CU even offered the services of its librarian and renowned archivist, Soumitra Sarkar, to help put together the museum’s exhibits that, Indira confessed, are in somewhat disarray now.
As Indira, 83, and Chitra Shastri, one of the great-granddaughters of Radhakrishnan, looked on, CU vice-chancellor Suranjan Das and registrar Basab Chaudhuri carefully unpacked a rectangular box containing the reprints of the photos. With them was lawyer Milon Mukherjee who had arranged the transport of the documents to Chennai.
“During this Teacher’s Day, our university had organised an exhibition of pictorial and textual reproductions of the life and work of Dr Radhakrishnan and also replicas of 27 books written by him. Today we are honoured to present them to you to be housed in the museum,” Das told Indira.
He recalled the 20-year association between Radhakrishnan and the university, where he was professor of philosophy and occupied the Chair of George V Professor of Mental and Moral Science between 1921 and 1941.
Indira revealed a nugget about her husband and only son of Radhakrishnan, historian S. Gopal, who died in 2002.
“He was actually named Ramachandra but his neighbours in Calcutta, where the family lived, always called this little boy ‘Gopal’ and the name stuck. I am so happy that the Calcutta connection continues to work to this day,” she said.
As she and Chitra thumbed through some of the poster-sized pictures, the younger woman pointed to one where Radhakrishnan (then Vice-President) was being received by Ho Chi Minh in Vietnam.

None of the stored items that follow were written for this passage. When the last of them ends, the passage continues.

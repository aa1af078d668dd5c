-- ===== src/Edge/MigrateNode.antt =====
-- migrate_node.py: the description of a service that controllers exchange. The keyword arguments
-- of its constructor are a record of options, a JSON object whose values have the field's type.
use Prim.Native.String.{◌++◌}
use mec_measurements.Prelude.{ℕ, Bool, false, String, Option, none, some, get_or, ◌≡◌, refl}

pub record MigrateNode : Type 0 where
  pub snapshot : String
  pub end_user : String
  pub service_name : String
  pub registry : String
  pub user : String
  pub ip : String
  pub server_name : String
  -- `None` where no port is free
  pub port : Option ℕ
  pub ssid : String
  pub bssid : String
  -- the source's default is the empty text, here `none`
  pub container_port : Option ℕ
  -- `None` for a service that has no image
  pub container_img : Option String
  pub dump_dir : String
  pub debug : Bool
  pub method : String
  pub request : ℕ
  pub time_checkpoint : ℕ
  pub time_xdelta : ℕ
  pub delta_memory : Option ℕ
  pub pre_checkpoint : Option ℕ

-- A JSON object with some of the keys; a key that may hold `None` is an option of an option.
pub record Kwargs : Type 0 where
  pub snapshot : Option String
  pub end_user : Option String
  pub service_name : Option String
  pub registry : Option String
  pub user : Option String
  pub ip : Option String
  pub server_name : Option String
  pub port : Option (Option ℕ)
  pub ssid : Option String
  pub bssid : Option String
  pub container_port : Option (Option ℕ)
  pub container_img : Option (Option String)
  pub dump_dir : Option String
  pub debug : Option Bool
  pub method : Option String
  pub request : Option ℕ
  pub time_checkpoint : Option ℕ
  pub time_xdelta : Option ℕ
  pub delta_memory : Option (Option ℕ)
  pub pre_checkpoint : Option (Option ℕ)

-- MigrateNode(**kwargs)
unfoldable pub init : Kwargs → MigrateNode
init kwargs = record {
  snapshot = get_or kwargs.snapshot "snapshot";
  end_user = get_or kwargs.end_user "end_user";
  service_name = get_or kwargs.service_name "openface";
  registry = get_or kwargs.registry "ngovanmao";
  user = get_or kwargs.user "root";
  ip = get_or kwargs.ip "";
  server_name = get_or kwargs.server_name "";
  port = get_or kwargs.port (some 5678);
  ssid = get_or kwargs.ssid "";
  bssid = get_or kwargs.bssid "";
  container_port = get_or kwargs.container_port none;
  container_img = get_or kwargs.container_img (some "");
  dump_dir = get_or kwargs.dump_dir "/tmp";
  debug = get_or kwargs.debug false;
  method = get_or kwargs.method "delta";
  request = get_or kwargs.request 0;
  time_checkpoint = get_or kwargs.time_checkpoint 0;
  time_xdelta = get_or kwargs.time_xdelta 0;
  delta_memory = get_or kwargs.delta_memory none;
  pre_checkpoint = get_or kwargs.pre_checkpoint none;
}

unfoldable pub get_migrate_service : MigrateNode → Kwargs
get_migrate_service n = record {
  snapshot = some n.snapshot;
  end_user = some n.end_user;
  service_name = some n.service_name;
  registry = some n.registry;
  user = some n.user;
  ip = some n.ip;
  server_name = some n.server_name;
  port = some n.port;
  ssid = some n.ssid;
  bssid = some n.bssid;
  container_port = some n.container_port;
  container_img = some n.container_img;
  dump_dir = some n.dump_dir;
  debug = some n.debug;
  method = some n.method;
  request = some n.request;
  time_checkpoint = some n.time_checkpoint;
  time_xdelta = some n.time_xdelta;
  delta_memory = some n.delta_memory;
  pre_checkpoint = some n.pre_checkpoint;
}

unfoldable pub get_container_name : MigrateNode → String
get_container_name n = n.service_name ++ n.end_user

unfoldable pub get_container_img : MigrateNode → Option String
get_container_img n = n.container_img

unfoldable pub get_checkpoint_folder : MigrateNode → String
get_checkpoint_folder n = n.dump_dir ++ "/" ++ get_container_name n

unfoldable pub get_snapshot_folder : MigrateNode → String
get_snapshot_folder n = get_checkpoint_folder n ++ "/" ++ n.snapshot ++ "/"

-- A service that travels as JSON between the servers arrives with every field unchanged: the
-- constructor undoes get_migrate_service.
pub init-get_migrate_service : (n : MigrateNode) → init (get_migrate_service n) ≡ n
unfolding init get_migrate_service
init-get_migrate_service n = refl
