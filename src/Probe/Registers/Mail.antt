-- ===== src/Probe/Registers/Mail.antt =====
-- The mailbox words of the load, trap, boot and DDR tests
-- (hw_bringup/ps_uart_probe.h).
use zynq_cpu.Base.{ℕ, ◌+◌}
use zynq_cpu.Bridge.{tx_scratch}

abbrev pub mail_start : ℕ
mail_start = tx_scratch + 0x3E0

abbrev pub mail_src : ℕ
mail_src = tx_scratch + 0x3E4

abbrev pub mail_dst : ℕ
mail_dst = tx_scratch + 0x3E8

abbrev pub mail_len : ℕ
mail_len = tx_scratch + 0x3EC

abbrev pub mail_mm2s_status : ℕ
mail_mm2s_status = tx_scratch + 0x3F4

abbrev pub mail_s2mm_status : ℕ
mail_s2mm_status = tx_scratch + 0x3F8

abbrev pub mail_copied : ℕ
mail_copied = tx_scratch + 0x3FC

abbrev pub sup_sepc : ℕ
sup_sepc = tx_scratch + 0x3E0

abbrev pub sup_scause : ℕ
sup_scause = tx_scratch + 0x3E4

abbrev pub sup_marker : ℕ
sup_marker = tx_scratch + 0x3E8

abbrev pub sup_status : ℕ
sup_status = tx_scratch + 0x3F0

abbrev pub boot_hartid : ℕ
boot_hartid = tx_scratch + 0x3C0

abbrev pub boot_dtb : ℕ
boot_dtb = tx_scratch + 0x3C4

abbrev pub boot_cycle : ℕ
boot_cycle = tx_scratch + 0x3C8

abbrev pub boot_time : ℕ
boot_time = tx_scratch + 0x3CC

abbrev pub boot_instret : ℕ
boot_instret = tx_scratch + 0x3D0

abbrev pub ddr_exec_pc : ℕ
ddr_exec_pc = tx_scratch + 0x3C0

abbrev pub ddr_exec_marker : ℕ
ddr_exec_marker = tx_scratch + 0x3C4

abbrev pub ddr_exec_count : ℕ
ddr_exec_count = tx_scratch + 0x3C8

“That is a really rare one. Now it would join the rarer ones dotting this house like those of Sarvepalli with Tagore and with Gandhiji,” Indira said, pointing at framed photos on the wall.
The house, Girija, one of the few surviving art deco bungalows in the city, stands in splendid isolation among the glass-fronted office buildings on Dr Radhakrishnan Road. If you take away the TV set in the central covered courtyard, time virtually stands still in the house with its old-style pedestal lights, ageing ceiling fans and a pendulum clock that works.

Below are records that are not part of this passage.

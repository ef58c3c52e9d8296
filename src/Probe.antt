-- ===== src/Probe.antt =====
-- The smoke tests of the PL CPU (hw_bringup/ps_uart_probe_cpu.c, ps_uart_probe_sbi.c): what they have in
-- common. While the CPU is held in reset, the registers, the scratch memory, instruction memory and DDR
-- are one memory. A `Bench` is the board with the CPU running: any machine that starts from a memory,
-- answers reads and may change with each of them, and is a memory again when the CPU is held. What the
-- tests read for their messages alone is left out.
pub mod Registers
pub mod Cpu
pub mod Exec
pub mod Sbi
pub mod Contract
pub mod Polls
pub mod Verdict
mod Tests
pub mod Loopback
pub mod Engine
pub mod Reports
pub mod Main
pub mod Dma
pub mod Payload
pub mod Arrays
pub mod DeviceTree
pub mod Started
use zynq_cpu.Base.{
  ℕ, zero, suc, ◌+◌, ◌*◌, Store, update, bit_and, ltb, ◌==◌, not, ◌&&◌, if◌then◌else◌, Bool, true,
  false, List, [], ◌∷◌, ◌++◌, Option, none, some, map,
}
use zynq_cpu.Mailbox.{mail_status, judge_cpu, poll_loop, wait_for_cpu}
use zynq_cpu.Loader.{imem_base, load_zx32_elf_into_imem, Loaded, fail, loaded}
use zynq_cpu.Boot.Words.{cpu_ctrl, reset_vector, write_all, count_errors}
use zynq_cpu.Probe.Registers.Mail.{sup_status}

pub record Bench (D : Type 0) : Type 0 where
  pub start : Store → D
  pub in32 : ℕ → D → ℕ × D
  pub halt : D → Store

-- A firmware of the build: the ELF file and the words that it has in instruction memory.
pub record Firmware : Type 0 where
  pub elf : Store
  pub elf_size : ℕ
  pub program : List ℕ

abbrev pub status_pass : ℕ
status_pass = 0x222

abbrev pub load_test_pass : ℕ
load_test_pass = 0xABCD1234

-- Writes of zeros, and of words, to an array.
abbrev pub zeros_at : ℕ → ℕ → List (ℕ × ℕ)
zeros_at base zero = []
zeros_at base (suc n) = (base, 0) ∷ zeros_at (base + 4) n

abbrev pub words_at : ℕ → List ℕ → List (ℕ × ℕ)
words_at base [] = []
words_at base (w ∷ ws) = (base, w) ∷ words_at (base + 4) ws

-- What a test compares a word with at the end.
pub data Want : Type 0 where
  is : ℕ → Want
  nonzero : Want
  has_bits : ℕ → Want
  unchecked : Want

abbrev pub wanted : Want → ℕ → Bool
wanted (is value) w = w == value
wanted nonzero w = not (w == 0)
wanted (has_bits mask) w = not (bit_and w mask == 0)
wanted unchecked w = true

unfoldable pub all_wanted : List (ℕ × Want) → List ℕ → Bool
all_wanted ((a, want) ∷ wants) (w ∷ ws) = wanted want w && all_wanted wants ws
all_wanted _ _ = true

-- How a test waits for its firmware: `wait_for_cpu`, whose failure ends the test after reads of
-- diagnostic words or only has the status read again, or a loop of the test's own.
pub data Wait : Type 0 where
  or_fail : List ℕ → Wait
  or_read_again : Wait
  for_supervisor : Wait
  for_load_test : Wait
  for_trap : Wait

abbrev pub pass_value : Wait → ℕ
pass_value (or_fail diag) = status_pass
pass_value or_read_again = status_pass
pass_value for_supervisor = status_pass
pass_value for_load_test = load_test_pass
pass_value for_trap = load_test_pass

unfoldable pub judge_load : ℕ → Option ℕ
judge_load status = if status == load_test_pass then some 0 else none

-- A test with a firmware in instruction memory: the writes before it is loaded and after it is verified,
-- the wait, and the words that are compared at the end.
pub record Check : Type 0 where
  pub prepare : List (ℕ × ℕ)
  pub firmware : Firmware
  pub late : List (ℕ × ℕ)
  pub wait : Wait
  pub wants : List (ℕ × Want)
  pub also : List ℕ → Bool

module _ {D : Type 0} (b : Bench D) where
  unfoldable pub read_all : List ℕ → D → List ℕ × D
  read_all [] d = ([], d)
  read_all (a ∷ later) d =
      let r = b.in32 a d in let rest = read_all later r.1 in (r.0 ∷ rest.0, rest.1)

  -- The three words that the trap handler leaves in instruction memory; a word is read only where the
  -- ones before it are as expected.
  unfoldable pub trap_status : D → ℕ × D
  trap_status d =
      let r0 = b.in32 (imem_base + 20 * 4) d in
      let r1 = b.in32 (imem_base + 21 * 4) r0.1 in
      let r2 = b.in32 (imem_base + 22 * 4) r1.1 in
      if not (r0.0 == 0x0C)
      then (0, r0.1)
      else if not (r1.0 == 0x99)
      then (0, r1.1)
      else if not (r2.0 == 0x0B)
      then (0, r2.1)
      else (load_test_pass, r2.1)

  abbrev pub fail_after : List ℕ → ℕ × ℕ × D → Bool × ℕ × D
  fail_after diag (code, status, d) =
      if code == 0 then (true, status, d) else (false, status, (read_all diag d).1)

  abbrev pub read_again : ℕ × ℕ × D → Bool × ℕ × D
  read_again (code, status, d) =
      let r = b.in32 mail_status d in if code == 0 then (true, status, d) else (true, r.0, r.1)

  abbrev pub in_any_case : ℕ × ℕ × D → Bool × ℕ × D
  in_any_case (code, status, d) = (true, status, d)

  -- Whether the test goes on, with the last status and the board.
  unfoldable pub wait_end : Wait → D → Bool × ℕ × D
  wait_end (or_fail diag) d = fail_after diag (wait_for_cpu b.in32 d)
  wait_end or_read_again d = read_again (wait_for_cpu b.in32 d)
  wait_end for_supervisor d = in_any_case (poll_loop b.in32 sup_status judge_cpu 1000000 0 d)
  wait_end for_load_test d = in_any_case (poll_loop b.in32 mail_status judge_load 1000000 0 d)
  wait_end for_trap d = in_any_case (poll_loop (λ a. trap_status) 0 judge_load 1000000 0 d)

  abbrev pub verdict : ℕ → Bool → List (ℕ × Want) → (List ℕ → Bool) → Bool × ℕ × D → Bool × Store
  verdict pass verified wants also (goes_on, status, d) =
      let (words, d') = read_all (map (λ (w : ℕ × Want). w.0) wants) d in
      if goes_on
      then (verified && (status == pass && (all_wanted wants words && also words)), b.halt d')
      else (false, b.halt d)

  -- From the release of the CPU on: the wait, the words that are read, and whether the test passes.
  unfoldable pub run_started :
      Wait → Bool → List (ℕ × Want) → (List ℕ → Bool) → Store → Bool × Store
  run_started wait verified wants also m =
      verdict (pass_value wait) verified wants also (wait_end wait (b.start m))

  unfoldable pub run_loaded : Check → Loaded → Bool × Store
  run_loaded c (fail code m) = (false, m)
  run_loaded c (loaded words entry m) =
      let m' = update reset_vector entry m in
      let errors = count_errors c.firmware.program 0 m' 0 in
      run_started c.wait (errors == 0) c.wants c.also (update cpu_ctrl 0 (write_all c.late m'))

  -- Whether the test passes, and the memory after it.
  unfoldable pub run_check : Check → Store → Bool × Store
  run_check c m =
      run_loaded c
        (load_zx32_elf_into_imem c.firmware.elf c.firmware.elf_size (write_all c.prepare m))

  -- A test whose program lies in DDR: the writes up to the release of the CPU.
  unfoldable pub run_written : List (ℕ × ℕ) → Wait → List (ℕ × Want) → Store → Bool × Store
  run_written writes wait wants m = run_started wait true wants (λ words. true) (write_all writes m)

abbrev pub nothing_else : List ℕ → Bool
nothing_else words = true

“That is how this house, built in 1934-35, will remain for ever. A foundation formed by Sarvepalli’s grandchildren (there are 13 of them, he had five daughters) will set up a museum in this house where all his books, photos and mementoes will be displayed,” Indira said.
She said many of the books brought from Rashtrapati Bhavan were still lying in their boxes and dozens of mementoes presented by celebrities were spread out in the house.
Vice-chancellor Das, who offered Sarkar’s services at this point, recalled as he sipped the “typically Madras type of tea” that he had met Gopal during a train trip from London to Oxford, where both studied and researched. Das let on that at Oxford, he had been the recipient of the Dr Radhakrishnan Memorial Bequest.
The Ho Chi Minh photograph handed over today is a reproduction, and the original is probably in the university’s archives. “The photographs have been collected from various sources,” librarian Sarkar told The Telegraph.
Among the gifts were digitised copies of the principal works of Radhakrishnan, most of them written during his long tenure at CU. In between, he had stints at the University of Mysore and was Spalding Professor of Eastern Religions and Ethics at Oxford University from 1936 to 1952.
Sarkar said CU had dug out senate records of Radhakrishnan’s association with the university. One of the documents showed him setting the Telugu question paper for the Matriculate examination.
S. Gopal spent much of his boyhood in Calcutta where his father taught. After getting his DPhil from Oxford, he became a reader at St Anthony’s College, Oxford. He was among the founders of the Centre for Historical Studies at JNU.